Discarding performing the determining that the data packet has a data amount greater than a threshold data amount and the intercepting the data packet in response to determining that the gateway device is configured to disable an application layer interception function.

13. The gateway device of claim 1, wherein the intercepting the data packet comprises:

a rejection signal is returned to the first networking device.

14. A method for a gateway device, comprising:

during connection of the gateway device to an external network via a mobile network:

receiving, from a first networking device, a data packet to be forwarded to a second networking device via the gateway device;

Determining that the data packet has a data amount greater than a threshold data amount; and

Intercepting the data packet.

15. The method of claim 14, further comprising:

The gateway device is switched from being connected to the external network via the fixed network to being connected to the mobile network.
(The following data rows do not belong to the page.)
-- ===== src/Persistence/WriteAheadLog/Recovery.antt =====
-- Reading back what was appended, with or without a torn record at the end.
use vertex_db.Base.{
  ℕ, zero, suc, ◌<◌, ◌≤◌, ◌^◌, ◌≡◌, ◌≢◌, refl, sym, ◌∙◌, none, some, List, [], ◌∷◌, ◌++◌, arith,
  length, All, append_assoc, append-nil, Option-cases, length-append, inl, inr,
}
use vertex_db.Persistence.Binary.{
  Bytes, write_pod, read_pod, read_bytes, read_pod-write_pod, read_bytes-append, read_pod_more,
  read_bytes_more, length-write_pod,
}
use vertex_db.Persistence.WriteAheadLog.{
  WalRecord, wal_magic, wal_version, encode, encode_all, read_record, read_loop, read_all,
}

-- The fields fit the widths that they are written in.
pub record IsSized (r : WalRecord) : Type 0 where
  pub lsn_sized : r.lsn < 256 ^ 8
  pub operation_sized : r.operation < 256 ^ 1
  pub payload_sized : length r.payload < 256 ^ 8

-- The parts of an encoded record before further bytes.
module _ (r : WalRecord) (rest : Bytes) where
  abbrev after_size : Bytes
  after_size = r.payload ++ rest

  abbrev after_operation : Bytes
  after_operation = write_pod 8 (length r.payload) ++ after_size

  abbrev after_lsn : Bytes
  after_lsn = write_pod 1 r.operation ++ after_operation

  abbrev after_version : Bytes
  after_version = write_pod 8 r.lsn ++ after_lsn

  abbrev after_magic : Bytes
  after_magic = write_pod 4 wal_version ++ after_version

  encode-append : encode r ++ rest ≡ write_pod 4 wal_magic ++ after_magic
  unfolding encode
  encode-append = simp append_assoc

  -- A record that stands whole at the front is read, and what follows it is left.
  pub read_record-encode : IsSized r → read_record (encode r ++ rest) ≡ some (r, rest)
  unfolding read_record
  read_record-encode z = rw (
    encode-append,
    read_pod-write_pod 4 wal_magic after_magic (omega arith),
    read_pod-write_pod 4 wal_version after_version (omega arith),
    read_pod-write_pod 8 r.lsn after_lsn z.lsn_sized,
    read_pod-write_pod 1 r.operation after_operation z.operation_sized,
    read_pod-write_pod 8 (length r.payload) after_size z.payload_sized,
    read_bytes-append r.payload rest,
  )

-- A record that is read from the front of some bytes is read from them with more behind.
read_record_more :
    (input more : Bytes) (q : WalRecord × Bytes)
    → read_record input ≡ some q
    → read_record (input ++ more) ≡ some (q.0, q.1 ++ more)
unfolding read_record
read_record_more input more q h = elim (Option-cases (read_pod 4 input)) [
  | inl e ↦ ground arith
  | inr (magic, e) ↦ elim (Option-cases (read_pod 4 magic.1)) [
    | inl e1 ↦ ground arith
    | inr (version, e1) ↦ elim (Option-cases (read_pod 8 version.1)) [
      | inl e2 ↦ ground arith
      | inr (lsn, e2) ↦ elim (Option-cases (read_pod 1 lsn.1)) [
        | inl e3 ↦ ground arith
        | inr (operation, e3) ↦ elim (Option-cases (read_pod 8 operation.1)) [
          | inl e4 ↦ ground arith
          | inr (size, e4) ↦ elim (Option-cases (read_bytes size.0 size.1)) [
            | inl e5 ↦ ground arith
            | inr (payload, e5) ↦ ground (
              arith,
              read_pod_more 4 input more magic e,
              read_pod_more 4 magic.1 more version e1,
              read_pod_more 8 version.1 more lsn e2,
              read_pod_more 1 lsn.1 more operation e3,
              read_pod_more 8 operation.1 more size e4,
              read_bytes_more size.0 size.1 more payload e5,
            )
          ]
        ]
      ]
    ]
  ]
]

append_is_nil : (xs ys : Bytes) → xs ++ ys ≡ [] → ys ≡ []
append_is_nil [] ys h = h
append_is_nil (x ∷ xs) ys h = ground arith

-- A proper prefix of an encoded record is not read as a record.
pub read_record_torn :
    (r : WalRecord) (torn more : Bytes)
    → IsSized r
    → torn ++ more ≡ encode r
    → more ≢ []
    → read_record torn ≡ none
read_record_torn r torn more z whole h = elim (Option-cases (read_record torn)) [
  | inl e ↦ e
  | inr (q, e) ↦
      let more_read : read_record (torn ++ more) ≡ some (q.0, q.1 ++ more) =
        read_record_more torn more q e in
      let whole_read : read_record (torn ++ more) ≡ some (r, []) =
        rw (whole, sym (append-nil (encode r)), read_record-encode r [] z) in
      let same : some (q.0, q.1 ++ more) ≡ some (r, []) = sym more_read ∙ whole_read in
      let rest : q.1 ++ more ≡ [] = cc in elim (h (append_is_nil q.1 more rest)) [ ]
]

read_loop_lem :
    (fuel : ℕ) (input : Bytes)
    → read_loop (suc fuel) input
      ≡ elim (read_record input) [ none ↦ [] | some r ↦ r.0 ∷ read_loop fuel r.1 ]
unfolding read_loop read_record read_pod
read_loop_lem fuel [] = refl
read_loop_lem fuel (b ∷ input) = refl

pub read_loop-encode_all :
    (fuel : ℕ) (rs : List WalRecord) (torn : Bytes)
    → All IsSized rs
    → length rs < fuel
    → read_record torn ≡ none
    → read_loop fuel (encode_all rs ++ torn) ≡ rs
unfolding encode_all
read_loop-encode_all zero rs torn zs enough broken = ground arith
read_loop-encode_all (suc fuel) [] torn zs enough broken = rw (read_loop_lem, broken)
read_loop-encode_all (suc fuel) (r ∷ rs) torn zs enough broken = rw (
  append_assoc,
  read_loop_lem,
  read_record-encode r (encode_all rs ++ torn) zs.0,
  read_loop-encode_all fuel rs torn zs.1 (omega arith) broken,
)

length-encode : (r : WalRecord) → 0 < length (encode r)
unfolding encode
length-encode r = omega (
  arith,
  length-append (write_pod 4 wal_magic) (
      write_pod 4 wal_version
      ++ (write_pod 8 r.lsn
          ++ (write_pod 1 r.operation ++ (write_pod 8 (length r.payload) ++ r.payload)))),
  length-write_pod 4 wal_magic,
)

length-encode_all : (rs : List WalRecord) → length rs ≤ length (encode_all rs)
unfolding encode_all
length-encode_all [] = omega arith
length-encode_all (r ∷ rs) =
    omega (arith, length-append (encode r) (encode_all rs), length-encode_all rs, length-encode r)

pub read_all-encode_all :
    (rs : List WalRecord) (torn : Bytes)
    → All IsSized rs
    → read_record torn ≡ none
    → read_all (encode_all rs ++ torn) ≡ rs
unfolding read_all
read_all-encode_all rs torn zs broken =
    read_loop-encode_all (suc (length (encode_all rs ++ torn))) rs torn zs
      (omega (arith, length-append (encode_all rs) torn, length-encode_all rs)) broken

-- A log that was cut inside a record is read as the records before that one, each with its number,
-- its operation and its payload, if the fields of all of them fit their widths.
pub read_all_torn :
    (rs : List WalRecord) (r : WalRecord) (torn more : Bytes)
    → All IsSized rs
    → IsSized r
    → torn ++ more ≡ encode r
    → more ≢ []
    → read_all (encode_all rs ++ torn) ≡ rs
read_all_torn rs r torn more zs z whole h =
    read_all-encode_all rs torn zs (read_record_torn r torn more z whole h)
16. The method of claim 14, further comprising:

The gateway device is switched from being connected to the external network via the mobile network to being connected to the external network via the fixed network.

17. The method of claim 15 or 16, further comprising:

During connection of the gateway device to an external network via the fixed network:

receiving a second data packet to be forwarded via the gateway device; and

The interception of the second data packet is abandoned.

18. The method of claim 14, wherein determining that the data packet has an amount of data greater than a threshold amount of data comprises:

parsing a header of the data packet to determine a network protocol for transmitting the data packet; and

The network protocol is determined to be one of a predefined set of network protocols, each network protocol in the predefined set of network protocols indicating that data packets transmitted using the network protocol have a data amount greater than a threshold data amount.

19. The method of claim 14, wherein determining that the data packet has an amount of data greater than a threshold amount of data comprises:

Parsing a header of the data packet to determine a source MAC address of the data packet; and

Determining that the source MAC address is one of a predetermined blacklist of MAC addresses or that the source MAC address is not one of a predetermined whitelist of MAC addresses, wherein the blacklist of MAC addresses and the whitelist of MAC addresses are obtained by classifying MAC addresses of networking devices based on a comparison of a data amount of data packets transmitted by the networking devices with a threshold data amount.

20. The method of claim 14, wherein the determining that the data packet has a data amount greater than a threshold data amount and the intercepting the data packet are performed in response to determining that the gateway device is configured to enable an application layer interception function.

21. The method of claim 20, further comprising:

The gateway device is configured to enable an application layer interception function in response to user input.

22. The method of claim 14, wherein the intercepting the data packet comprises:

a rejection signal is returned to the first networking device.

23. A non-transitory computer readable medium for use with a processor of a gateway device, the non-transitory computer readable medium having instructions stored thereon, which when executed by the processor, cause the gateway device to perform the method of any of claims 14-22.

24. A computer program product comprising computer instructions which, when executed by a processor of a gateway device, implement the method of any one of claims 14-22.